[Collected data entries]
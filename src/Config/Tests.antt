-- ===== src/Config/Tests.antt =====
-- A configuration with an active and a probationary server, and the theorems on the lists there.
use nrp_reference.Base.{
  ℕ, ◌<◌, ◌≡◌, refl, Bool, true, false, List, [], ◌∷◌, ◌++◌, none, some, ok, arith, length,
}
use nrp_reference.Base.Int.{pos, negsuc}
use nrp_reference.Base.Memory.{memcmp}
use nrp_reference.ServerRecord.{ServerRecord, server_lt, server_eq}
use nrp_reference.Config.State.{Config}
use nrp_reference.Config.Lists.{erase_at, emplace_index, deref}
use nrp_reference.Config.Servers.{
  ServerRef, get_server_list, count_family, in_active, in_probationary, get_next_server,
  active_server_count,
}
use nrp_reference.Config.Update.{
  load, add_peers, add_server, emplace_active, increment_server_fail_count, mark_server_successful,
}
use nrp_reference.Config.Choice.{NextServer, get_next_server-NextServer}
use nrp_reference.Protocol.Layout.{Bytes}
use nrp_reference.Config.Turns.{nth_next, IsEven, nth_next-active, nth_next-starved}
use nrp_reference.Config.Promotion.{successful}
use nrp_reference.Config.Promoted.{Leaves, mark_server_successful-promoted}
use nrp_reference.Config.Counts.{peers_type, emplace_active-uncounted}
use nrp_reference.Config.Dropped.{
  given_up, without_probationary, without_active, increment_server_fail_count-dropped,
  increment_server_fail_count-dropped_active,
}
use nrp_reference.Config.Banned.{increment_server_fail_count-banned}
use nrp_reference.Config.Valid.{IsValid}
use nrp_reference.Config.Counts.{family}
use nrp_reference.Config.Heard.{newcomers}
use nrp_reference.Config.Peers.{first_peers, get_server_list-add_peers}
use nrp_reference.MruCache
use nrp_reference.Config.Tries.{fail_again, StillThere, fail_again-StillThere}

abbrev server_at : List ℕ → Bool → Bool → ServerRecord
server_at host ipv6 probationary = record {
  host = host;
  port = 8080;
  failure_count = 0;
  last_access_time = 0;
  retry_time = 60;
  ipv6 = ipv6;
  probationary = probationary;
  ip4_peers = true;
  ip6_peers = true;
  signkey = true;
  shuttingdown = false;
}

abbrev known : ServerRecord
known = server_at (10 ∷ 0 ∷ 0 ∷ 1 ∷ []) false false

abbrev tried : ServerRecord
tried = server_at (10 ∷ 0 ∷ 0 ∷ 2 ∷ []) false true

abbrev local : ServerRecord
local = server_at (0 ∷ 0 ∷ 0 ∷ 0 ∷ 0 ∷ 0 ∷ 0 ∷ 0 ∷ 0 ∷ 0 ∷ 0 ∷ 0 ∷ 0 ∷ 0 ∷ 0 ∷ 1 ∷ []) true false

abbrev config : Config
config = record {
  port = 8080;
  enable_server = true;
  enable_client = true;
  banned_servers = record {
    entries = [];
    lifetime_seconds = 60;
    clean_interval_seconds = 60;
    last_clean_time = 0;
  };
  configured_servers = [];
  active_servers = known ∷ [];
  probationary_servers = tried ∷ [];
  active_iterator = none;
  probationary_iterator = none;
  count_ip6_servers = negsuc 0;
  count_ip4_servers = negsuc 0;
  prev_returned_probationary = true;
  enable_ip4_peers = true;
  enable_ip6_peers = true;
  client_enable_ip4 = true;
  client_enable_ip6 = true;
  server_enable_ip4 = true;
  server_enable_ip6 = true;
  client_request_interval_seconds = 60;
  client_receive_timeout = 30;
  default_entropy = 8;
}

known_loaded : load config (in_active 0) ≡ ok known
unfolding load deref
known_loaded = refl

local_placed : emplace_index local config.active_servers ≡ some 1
unfolding emplace_index server_lt memcmp
local_placed = refl

get_next_server-NextServer_example : NextServer config (get_next_server config)
get_next_server-NextServer_example = get_next_server-NextServer config

emplace_active-uncounted_example :
    let d = emplace_active local config in
    (active_server_count d (peers_type true) ≡ (d, pos 0))
    × (0 < length (family true d.active_servers))
emplace_active-uncounted_example = emplace_active-uncounted local config 1 refl local_placed

fail_again-StillThere_example :
    (c' : Config) × (fail_again 3 (λ i. 50) (in_active 0) config ≡ ok c')
    × StillThere 3 (in_active 0) config c' known
fail_again-StillThere_example =
    fail_again-StillThere 3 (λ i. 50) (in_active 0) config known known_loaded (omega arith)

-- Two active servers and nobody on probation.
abbrev settled : Config
settled = record config { active_servers = known ∷ local ∷ []; probationary_servers = [] }

nth_next-active_example :
    (k : ℕ) × (k < 2) × ((c' : Config) × (nth_next k settled ≡ ok (c', in_active 1)))
nth_next-active_example = nth_next-active settled 1 refl (omega arith)

-- Two active servers, of which the second is starved while the third server is on probation.
abbrev unsettled : Config
unsettled = record config { active_servers = known ∷ local ∷ [] }

nth_next-starved_example :
    (c' : Config) × (ref : ServerRef) × (nth_next 6 unsettled ≡ ok (c', ref)) × IsEven ref
nth_next-starved_example =
    nth_next-starved 6 unsettled (omega arith, omega arith, omega arith, refl)

-- The second server on probation has just been returned.
abbrev on_trial : Config
on_trial = record config {
  probationary_servers = server_at (10 ∷ 0 ∷ 0 ∷ 3 ∷ []) false true ∷ tried ∷ [];
  probationary_iterator = some 1;
}

tried_loaded : load on_trial (in_probationary 1) ≡ ok tried
unfolding load deref
tried_loaded = refl

mark_server_successful-promoted_example :
    Leaves on_trial (successful tried 90) 1 (mark_server_successful on_trial (in_probationary 1) 90)
mark_server_successful-promoted_example =
    mark_server_successful-promoted on_trial 1 tried 90 (tt, tt) tried_loaded refl refl

-- The server on probation has failed three times in a row.
abbrev failing : ServerRecord
failing = record tried { failure_count = 3 }

abbrev troubled : Config
troubled = record on_trial {
  probationary_servers = server_at (10 ∷ 0 ∷ 0 ∷ 3 ∷ []) false true ∷ failing ∷ [];
}

failing_loaded : load troubled (in_probationary 1) ≡ ok failing
unfolding load deref
failing_loaded = refl

increment_server_fail_count-dropped_example :
    increment_server_fail_count troubled (in_probationary 1) 80 90
    ≡ without_probationary troubled (given_up troubled failing 80 90) 1
increment_server_fail_count-dropped_example =
    increment_server_fail_count-dropped troubled 1 failing 80 90 failing_loaded refl refl
      (omega arith)

-- So has the second active server.
abbrev failing_local : ServerRecord
failing_local = record local { failure_count = 3 }

abbrev troubled_set : Config
troubled_set = record config {
  active_servers = known ∷ failing_local ∷ [];
  active_iterator = some 1;
}

failing_local_loaded : load troubled_set (in_active 1) ≡ ok failing_local
unfolding load deref
failing_local_loaded = refl

increment_server_fail_count-dropped_active_example :
    increment_server_fail_count troubled_set (in_active 1) 80 90
    ≡ without_active troubled_set (given_up troubled_set failing_local 80 90) 1
increment_server_fail_count-dropped_active_example =
    increment_server_fail_count-dropped_active troubled_set 1 failing_local 80 90
      failing_local_loaded refl refl (omega arith)

-- A minute is the lifetime of the list: ten seconds after it was dropped, the server is heard of again.
abbrev rest_of : Config
rest_of = record (given_up troubled failing 80 90) {
  probationary_servers = server_at (10 ∷ 0 ∷ 0 ∷ 3 ∷ []) false true ∷ [];
  probationary_iterator = some 0;
}

same_server : server_eq tried failing ≡ true
unfolding server_eq memcmp
same_server = refl

nobody_banned : MruCache.find server_eq failing troubled.banned_servers.entries ≡ none
unfolding MruCache.find
nobody_banned = refl

dropped : increment_server_fail_count troubled (in_probationary 1) 80 90 ≡ ok rest_of
unfolding erase_at
dropped = increment_server_fail_count-dropped_example

increment_server_fail_count-banned_example :
    add_server rest_of tried 10_000_000_000 10_000_000_000 ≡ rest_of
increment_server_fail_count-banned_example =
    increment_server_fail_count-banned troubled rest_of (in_probationary 1) failing tried 80 90
      10_000_000_000 10_000_000_000 failing_loaded (omega arith) nobody_banned dropped same_server
      (omega arith)

-- A server that knows two servers, and a client that has one of them among its active servers.
settled-IsValid : IsValid settled
unfolding server_lt memcmp
settled-IsValid = record {
  sorted = ((refl, tt), (tt, tt));
  active_in = tt;
  probationary_in = tt;
  active = (refl, (refl, tt));
  probationary = tt;
  configured = tt;
}

settled_count :
    (active_server_count settled (peers_type true)).1
    ≡ pos (length (family true settled.active_servers))
unfolding active_server_count count_family
settled_count = refl

get_server_list-add_peers_example :
    let peers = first_peers true 5 settled in
    (bytes : Bytes) × (client' : Config) × ((get_server_list settled (peers_type true) (pos 5)).1
      ≡ some bytes)
    × (add_peers (length peers) true (bytes ++ (0 ∷ [])) (λ i. 7) config ≡ ok client')
    × (client'.probationary_servers
        ≡ config.probationary_servers ++ newcomers config (λ i. 7) peers)
get_server_list-add_peers_example =
    get_server_list-add_peers true 5 settled config (0 ∷ []) (λ i. 7) settled-IsValid
      (omega arith, (omega arith, tt)) (omega arith) (omega arith) settled_count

What you are asked to do
Could you repeat exactly the lines above from the line with "get_next_server-NextServer_example = get_next_server-NextServer" up to and including the line with "mark_server_successful-promoted on_trial 1", and only those?

Response box
get_next_server-NextServer_example = get_next_server-NextServer config

emplace_active-uncounted_example :
    let d = emplace_active local config in
    (active_server_count d (peers_type true) ≡ (d, pos 0))
    × (0 < length (family true d.active_servers))
emplace_active-uncounted_example = emplace_active-uncounted local config 1 refl local_placed

fail_again-StillThere_example :
    (c' : Config) × (fail_again 3 (λ i. 50) (in_active 0) config ≡ ok c')
    × StillThere 3 (in_active 0) config c' known
fail_again-StillThere_example =
    fail_again-StillThere 3 (λ i. 50) (in_active 0) config known known_loaded (omega arith)

-- Two active servers and nobody on probation.
abbrev settled : Config
settled = record config { active_servers = known ∷ local ∷ []; probationary_servers = [] }

nth_next-active_example :
    (k : ℕ) × (k < 2) × ((c' : Config) × (nth_next k settled ≡ ok (c', in_active 1)))
nth_next-active_example = nth_next-active settled 1 refl (omega arith)

-- Two active servers, of which the second is starved while the third server is on probation.
abbrev unsettled : Config
unsettled = record config { active_servers = known ∷ local ∷ [] }

nth_next-starved_example :
    (c' : Config) × (ref : ServerRef) × (nth_next 6 unsettled ≡ ok (c', ref)) × IsEven ref
nth_next-starved_example =
    nth_next-starved 6 unsettled (omega arith, omega arith, omega arith, refl)

-- The second server on probation has just been returned.
abbrev on_trial : Config
on_trial = record config {
  probationary_servers = server_at (10 ∷ 0 ∷ 0 ∷ 3 ∷ []) false true ∷ tried ∷ [];
  probationary_iterator = some 1;
}

tried_loaded : load on_trial (in_probationary 1) ≡ ok tried
unfolding load deref
tried_loaded = refl

mark_server_successful-promoted_example :
    Leaves on_trial (successful tried 90) 1 (mark_server_successful on_trial (in_probationary 1) 90)
mark_server_successful-promoted_example =
    mark_server_successful-promoted on_trial 1 tried 90 (tt, tt) tried_loaded refl refl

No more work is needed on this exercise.